2. Blessed to Be a Blessing

You know this as well — God blesses his people that they might be a blessing to all the nations. The only reason anybody in this room is alive, has health, has a roof over their head, has faith in their heart, has intelligence in their brain, and has affections in their emotion, is to share it, and thus multiply the worship that God gets. Genesis 12:1–3 says:

Now the Lord said to Abram, “Go from your country and your kindred and your father’s house to the land that I will show you. And I will make of you a great nation, and I will bless you and make your name great, so that you will be a blessing. I will bless those who bless you, and him who dishonors you I will curse, and in you all the families of the earth shall be blessed.”

It’s the same thing in Psalm 67:1, which says:

May God be gracious to us and bless us
   and make his face to shine upon us …

That’s all so self-centered, right? Wrong.
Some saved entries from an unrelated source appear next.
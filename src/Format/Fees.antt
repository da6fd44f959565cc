-- ===== src/Format/Fees.antt =====
-- The fees that `TxFormatter` of src/db/pg.rs computes, and that it formats blocks whose transactions
-- pay for their outputs.
use rust_bitcoin_indexer.Base.{
  ℕ, suc, ◌+◌, ◌-◌, ◌%◌, ◌≤◌, ◌<◌, ◌≡◌, ◌∙◌, sym, ap, refl, inl, inr, true, false, Option, some,
  List, [], ◌∷◌, ◌++◌, map, append-nil, append_assoc, le→leb, if◌then◌else◌, Bool-cases, All, arith,
}
use rust_bitcoin_indexer.Base.Outcome.{ok}
use rust_bitcoin_indexer.Bitcoin.{TxIn, TxOut, Transaction, BlockData, Network}
use rust_bitcoin_indexer.Db.{TxRow}
use rust_bitcoin_indexer.Hash.{hash_to_hash_id}
use rust_bitcoin_indexer.Utxo.{
  calculate_tx_id_with_workarounds, TxIdMap, from_out_point, HashIdOutPoint, UtxoDetailsMap,
  find_utxo, is_among, spent_by, spent_by_blocks,
}
use rust_bitcoin_indexer.Utxo.Maps.{same_point_refl, is_among-append}
use rust_bitcoin_indexer.Utxo.Creating.{Knows}
use rust_bitcoin_indexer.Format.{
  u64_size, block_row, input_value_sum, output_value_sum, fee, tx_row, input_row, output_rows,
  Queries, fmt_tx, fmt_txs, fmt_blocks,
}

abbrev pub outputs_total : List TxOut → ℕ
outputs_total [] = 0
outputs_total (output ∷ outputs) = output.value + outputs_total outputs

abbrev spent_points : List TxIn → List HashIdOutPoint
spent_points = map (λ (i : TxIn). from_out_point i.previous_output)

output_value_sum_lem :
    (outputs : List TxOut) (acc : ℕ)
    → acc + outputs_total outputs < u64_size
    → output_value_sum outputs acc ≡ acc + outputs_total outputs
unfolding output_value_sum
output_value_sum_lem [] acc fits = omega arith
output_value_sum_lem (output ∷ outputs) acc fits =
    let small : (acc + output.value) % u64_size ≡ acc + output.value = omega (arith, fits) in
    rw small (output_value_sum_lem outputs (acc + output.value) (omega (arith, fits)) ∙ omega arith)

-- Each output has a value of its own.
module _ (price : HashIdOutPoint → ℕ) where
  abbrev pub inputs_total : List TxIn → ℕ
  inputs_total [] = 0
  inputs_total (input ∷ inputs) = price (from_out_point input.previous_output) + inputs_total inputs

  -- The fee, computed without a bound.
  abbrev pub paid_fee : Transaction → ℕ
  paid_fee tx = if tx.is_coin_base then 0 else inputs_total tx.input - outputs_total tx.output

  -- A transaction spends at least what its outputs take, and sums of values fit in 64 bits.
  abbrev pub IsPaid : Transaction → Type 0
  IsPaid tx =
      tx.is_coin_base ≡ false
      → (inputs_total tx.input < u64_size) × (outputs_total tx.output ≤ inputs_total tx.input)

  -- The map has the values of the points.
  abbrev pub Prices : UtxoDetailsMap → List HashIdOutPoint → Type 0
  Prices utxo points =
      (p : HashIdOutPoint) → is_among p points ≡ true → find_utxo p utxo ≡ some (price p)

  Prices-left :
      (utxo : UtxoDetailsMap) (xs ys : List HashIdOutPoint)
      → Prices utxo (xs ++ ys)
      → Prices utxo xs
  Prices-left utxo xs ys k p among = k p (is_among-append p xs ys ∙ (rw among refl))

  Prices-right :
      (utxo : UtxoDetailsMap) (xs ys : List HashIdOutPoint)
      → Prices utxo (xs ++ ys)
      → Prices utxo ys
  Prices-right utxo xs ys k p among = k p (ground (arith, is_among-append p xs ys, among))

  input_value_sum_lem :
      (utxo : UtxoDetailsMap) (inputs : List TxIn) (acc : ℕ)
      → Prices utxo (spent_points inputs)
      → acc + inputs_total inputs < u64_size
      → input_value_sum utxo inputs acc ≡ ok (acc + inputs_total inputs)
  unfolding input_value_sum from_out_point is_among
  input_value_sum_lem utxo [] acc k fits = ap ok (omega arith)
  input_value_sum_lem utxo (input ∷ inputs) acc k fits =
      let p = from_out_point input.previous_output in
      let small : (acc + price p) % u64_size ≡ acc + price p = omega (arith, fits) in
      rw (k p (rw (same_point_refl p) refl), small, input_value_sum)
        (input_value_sum_lem utxo inputs (acc + price p) (λ q among. k q (ground (arith, among)))
            (omega (arith, fits))
          ∙ ap ok (omega arith))

  pub fee_lem :
      (utxo : UtxoDetailsMap) (tx : Transaction)
      → Prices utxo (if tx.is_coin_base then [] else spent_points tx.input)
      → IsPaid tx
      → fee utxo tx ≡ ok (paid_fee tx)
  unfolding fee
  fee_lem utxo tx k paid = elim (Bool-cases tx.is_coin_base) [
    | inl coinbase ↦ rw coinbase refl
    | inr other ↦
        let (fits, enough) = paid other in
        let inputs : input_value_sum utxo tx.input 0 ≡ ok (inputs_total tx.input) =
          input_value_sum_lem utxo tx.input 0 (rw other at k) (omega (arith, fits))
          ∙ ap ok (omega arith) in
        let outputs : output_value_sum tx.output 0 ≡ outputs_total tx.output =
          output_value_sum_lem tx.output 0 (omega (arith, fits, enough)) ∙ omega arith in
        rw (other, inputs, outputs, le→leb _ _ enough) refl
  ]

  -- The rows of the transactions, with the ids and fees that they have.
  module _ (network : Network) where
    abbrev pub tx_rows : BlockData → List Transaction → List TxRow
    tx_rows block [] = []
    tx_rows block (tx ∷ txs) =
        tx_row false (some block.height) tx (calculate_tx_id_with_workarounds block tx network)
          (paid_fee tx)
        ∷ tx_rows block txs

    abbrev pub tx_rows_of : List BlockData → List TxRow
    tx_rows_of [] = []
    tx_rows_of (block ∷ blocks) = tx_rows block block.payload.txdata ++ tx_rows_of blocks

    module _ (address : Network → ℕ → Option ℕ) (utxo : UtxoDetailsMap) (ids : TxIdMap) where
      fmt_txs-tx_rows :
          (block : BlockData) (i : ℕ) (txs : List Transaction) (q : Queries)
          → Knows network ids block i txs
          → Prices utxo (spent_by txs)
          → All IsPaid txs
          → (q' : Queries) × (fmt_txs address network utxo ids block i txs q ≡ ok q')
            × (q'.tx ≡ q.tx ++ tx_rows block txs)
      unfolding fmt_txs fmt_tx spent_by
      fmt_txs-tx_rows block i [] q known k paid = (q, refl, sym (append-nil q.tx))
      fmt_txs-tx_rows block i (tx ∷ txs) q known k paid =
          let tx_id = calculate_tx_id_with_workarounds block tx network in
          let one = fee_lem utxo tx (Prices-left utxo _ (spent_by txs) k) paid.0 in
          let next : Queries = record q {
            tx = q.tx ++ tx_row false (some block.height) tx tx_id (paid_fee tx) ∷ [];
            output = q.output ++ output_rows address network tx_id 0 tx.output;
            input = q.input ++ (if tx.is_coin_base then [] else map (input_row tx_id) tx.input);
            block_tx =
                q.block_tx
                ++ record {
                  block_hash_id = hash_to_hash_id block.id;
                  tx_hash_id = hash_to_hash_id tx_id;
                }
                  ∷ [];
          } in
          let (q', done, rows) =
            fmt_txs-tx_rows block (suc i) txs next known.1 (Prices-right utxo _ (spent_by txs) k)
              paid.1 in
          (
            q',
            rw (known.0, one) done,
            rows
                ∙ append_assoc q.tx (tx_row false (some block.height) tx tx_id (paid_fee tx) ∷ [])
                    (tx_rows block txs),
          )

      -- Blocks whose ids and values are known, and whose transactions are paid, are formatted.
      pub fmt_blocks-tx_rows :
          (blocks : List BlockData) (q : Queries)
          → All (λ b. Knows network ids b 0 b.payload.txdata) blocks
          → Prices utxo (spent_by_blocks blocks)
          → All (λ (b : BlockData). All IsPaid b.payload.txdata) blocks
          → (q' : Queries) × (fmt_blocks address network utxo ids blocks q ≡ ok q')
            × (q'.tx ≡ q.tx ++ tx_rows_of blocks)
      unfolding fmt_blocks spent_by_blocks
      fmt_blocks-tx_rows [] q known k paid = (q, refl, sym (append-nil q.tx))
      fmt_blocks-tx_rows (block ∷ blocks) q known k paid =
          let (q1, one, first) =
            fmt_txs-tx_rows block 0 block.payload.txdata
              (record q {
                event = q.event ++ hash_to_hash_id block.id ∷ [];
                block = q.block ++ block_row block ∷ [];
              })
              known.0 (Prices-left utxo (spent_by block.payload.txdata) (spent_by_blocks blocks) k)
              paid.0 in
          let (q', done, rows) =
            fmt_blocks-tx_rows blocks q1 known.1
              (Prices-right utxo (spent_by block.payload.txdata) (spent_by_blocks blocks) k)
              paid.1 in
          (
            q',
            rw one done,
            rows
                ∙ (rw first
                    (append_assoc q.tx (tx_rows block block.payload.txdata) (tx_rows_of blocks))),
          )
Psalm 67:2 continues:

…that your way may be known on earth,
   your saving power among all nations.

We ought to pray, “Bless me for one reason — to multiply the worship that we feel towards you.”

3. A Multitude of Peoples

Through his people, God intends to gather a worshiping multitude from all the peoples of the earth. Now, the word to underline in this thesis is peoples, because what I want to do is just share with you what most of you already know, and what I took 35 years to learn, namely that in the Great Commission, when it says, “Go and make disciples of all the nations” (Matthew 28:19), it does not mean political nations like we know them today — the 220 or so political states that exist in the world today. That wasn’t in Jesus’s mind, and there are some reasons we know it wasn’t. For example, if we go back to that text in Genesis 12:3 it says, “By you shall all the families of the earth be blessed.”

And if you take that Hebrew word — mišpāhāh (families) — and just open your concordance, you find it in Genesis 10:5, Genesis 10:18, Genesis 10:20, Genesis 10:31, and Genesis 10:32 in the lists of the tribes and families and nations. And then if you come to the end of the Bible and you read Revelation 7:9, it says:

After this I looked, and behold, a great multitude that no one could number, from every nation, from all tribes and peoples and languages, standing before the throne and before the Lamb, clothed in white robes, with palm branches in their hands …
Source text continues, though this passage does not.